Data extracts Start Marker

-- ===== src/ZcopyServer/Flow.antt =====
-- internal/s3rdmaserver/zcopy/service.go: what the handlers do to the credits and to the payloads
use rdma_demo.Base.{
  ℕ, suc, ◌≤◌, ◌≡◌, refl, Bool, List, [], ◌∷◌, ◌++◌, arith, ◌∙◌, inl, inr, Bool-cases, ap,
}
use rdma_demo.Base.Int.{ℤ, pos, ltb_ℤ}
use rdma_demo.Base.Text.{Str}
use rdma_demo.ZcopyProto.{Message, Json}
use rdma_demo.ZcopyServer.Conn.{
  Frame, control, payload_at, ZcopyConn, Outcome, done, failed, send_frame, send_control,
  send_resp_ok, send_resp_err, send_after_meta, meta_message, send_payload, recv_message,
  recv_control, receive_borrowed, recv_payload_at,
}
use rdma_demo.ZcopyServer.Handlers.{
  ObjectStore, PutCheck, put_refused, put_accepted, GetCheck, get_refused, get_offered, finish_put,
  check_put, check_get, act_put, act_get, handle_put, handle_get,
}

-- How many of the frames are payloads.
abbrev pub payloads : List Frame → ℕ
payloads [] = 0
payloads (control m ∷ fs) = payloads fs
payloads (payload_at p o ∷ fs) = suc (payloads fs)

pub payloads-control :
    (fs : List Frame) (m : Message) → payloads (fs ++ control m ∷ []) ≡ payloads fs
payloads-control [] m = refl
payloads-control (control n ∷ fs) m = payloads-control fs m
payloads-control (payload_at p o ∷ fs) m = ap suc (payloads-control fs m)

pub payloads-payload_at :
    (fs : List Frame) (p : Str) (o : ℤ) → payloads (fs ++ payload_at p o ∷ []) ≡ suc (payloads fs)
payloads-payload_at [] p o = refl
payloads-payload_at (control n ∷ fs) p o = payloads-payload_at fs p o
payloads-payload_at (payload_at q r ∷ fs) p o = ap suc (payloads-payload_at fs p o)

-- The credits and the number of payloads sent are as before.
pub record SameFlow (zc zc' : ZcopyConn) : Type 0 where
  pub credits : zc'.credits ≡ zc.credits
  pub payloads_sent : payloads zc'.sent ≡ payloads zc.sent

module _ (delivers : ℕ → Bool) where
  pub send_control-SameFlow :
      (m : Message) (zc : ZcopyConn) → SameFlow zc (send_control delivers m zc).0
  unfolding send_control
  send_control-SameFlow m zc = ground (arith, payloads-control zc.sent m)

  pub send_resp_ok-SameFlow : (r : ℕ) (zc : ZcopyConn) → SameFlow zc (send_resp_ok delivers r zc).0
  unfolding send_resp_ok
  send_resp_ok-SameFlow r zc = send_control-SameFlow _ zc

  pub send_resp_err-SameFlow :
      (r : ℕ) (text : Str) (zc : ZcopyConn) → SameFlow zc (send_resp_err delivers r text zc).0
  unfolding send_resp_err
  send_resp_err-SameFlow r text zc = send_control-SameFlow _ zc

  send_after_meta-flow :
      (p : Str) (o : ℤ) (zc : ZcopyConn) (r : ZcopyConn × Outcome)
      → SameFlow zc r.0
      → ((send_after_meta delivers p o r).0.credits ≡ zc.credits)
        × (payloads (send_after_meta delivers p o r).0.sent ≤ suc (payloads zc.sent))
  unfolding send_after_meta send_frame
  send_after_meta-flow p o zc (zc', failed e) h = ground arith
  send_after_meta-flow p o zc (zc', done) h = ground (arith, payloads-payload_at zc'.sent p o)

  -- One payload at most.
  pub send_payload-flow :
      (r : ℕ) (p : Str) (o : ℤ) (zc : ZcopyConn)
      → ((send_payload delivers r p o zc).0.credits ≡ zc.credits)
        × (payloads (send_payload delivers r p o zc).0.sent ≤ suc (payloads zc.sent))
  unfolding send_payload
  send_payload-flow r p o zc = elim (Bool-cases (ltb_ℤ o (pos 0))) [
    | inl bad ↦ rw (bad, send_payload) (refl, omega arith)
    | inr good ↦
        rw (good, send_payload)
          (send_after_meta-flow p o zc (send_control delivers (meta_message r p o) zc)
            (send_control-SameFlow (meta_message r p o) zc))
  ]

pub SameFlow-refl : (zc : ZcopyConn) → SameFlow zc zc
SameFlow-refl zc = record { credits = refl; payloads_sent = refl }

pub SameFlow-trans : {a b c : ZcopyConn} → SameFlow a b → SameFlow b c → SameFlow a c
SameFlow-trans p q = record {
  credits = q.credits ∙ p.credits;
  payloads_sent = q.payloads_sent ∙ p.payloads_sent;
}

pub recv_payload_at-SameFlow :
    (size o : ℤ) (zc : ZcopyConn) → SameFlow zc (recv_payload_at size o zc).0
unfolding recv_payload_at receive_borrowed
recv_payload_at-SameFlow size o zc = ground arith

recv_message-SameFlow : (zc : ZcopyConn) → SameFlow zc (recv_message zc).0
unfolding recv_message
recv_message-SameFlow zc = ground arith

pub recv_control-SameFlow : (json : Json) (zc : ZcopyConn) → SameFlow zc (recv_control json zc).0
unfolding recv_control
recv_control-SameFlow json zc = ground (arith, recv_message-SameFlow zc)

module _ {S : Type 0} (api : ObjectStore S) (delivers : ℕ → Bool) where
  finish_put-SameFlow :
      (r : ℕ) (bucket : Str) (store : S) (zc : ZcopyConn) (p : ZcopyConn × Outcome)
      → SameFlow zc p.0
      → SameFlow zc (finish_put api delivers r bucket store p).0
  unfolding finish_put
  finish_put-SameFlow r bucket store zc (zc', failed e) h = h
  finish_put-SameFlow r bucket store zc (zc', done) h =
      SameFlow-trans h (send_resp_ok-SameFlow delivers r zc')

  act_put-SameFlow :
      (r : ℕ) (c : PutCheck) (zc : ZcopyConn) (store : S)
      → SameFlow zc (act_put api delivers r c zc store).0
  unfolding act_put
  act_put-SameFlow r (put_refused q text) zc store = send_resp_err-SameFlow delivers q text zc
  act_put-SameFlow r (put_accepted bucket size o) zc store =
      finish_put-SameFlow r bucket store zc (recv_payload_at size o zc)
        (recv_payload_at-SameFlow size o zc)

  -- A PUT uses no credit and sends no payload.
  pub handle_put-SameFlow :
      (limit : ℤ) (msg : Message) (zc : ZcopyConn) (store : S)
      → SameFlow zc (handle_put api delivers limit msg zc store).0
  unfolding handle_put
  handle_put-SameFlow limit msg zc store =
      act_put-SameFlow msg.req_id (check_put limit msg) zc store

  act_get-SameFlow :
      (r : ℕ) (c : GetCheck) (zc : ZcopyConn) → SameFlow zc (act_get api delivers r c zc).0
  unfolding act_get
  act_get-SameFlow r (get_refused text) zc = send_resp_err-SameFlow delivers r text zc
  act_get-SameFlow r (get_offered p o) zc = SameFlow-refl zc

  pub handle_get-SameFlow :
      (msg : Message) (zc : ZcopyConn) (store : S)
      → SameFlow zc (handle_get api delivers msg zc store).0
  unfolding handle_get
  handle_get-SameFlow msg zc store = act_get-SameFlow msg.req_id (check_get api msg store) zc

Data extracts End Marker

Task requirements = Every line above that has the string "refl" needs to be copied.

Written answer =
  ℕ, suc, ◌≤◌, ◌≡◌, refl, Bool, List, [], ◌∷◌, ◌++◌, arith, ◌∙◌, inl, inr, Bool-cases, ap,
payloads-control [] m = refl
payloads-payload_at [] p o = refl
    | inl bad ↦ rw (bad, send_payload) (refl, omega arith)
pub SameFlow-refl : (zc : ZcopyConn) → SameFlow zc zc
SameFlow-refl zc = record { credits = refl; payloads_sent = refl }
  act_get-SameFlow r (get_offered p o) zc = SameFlow-refl zc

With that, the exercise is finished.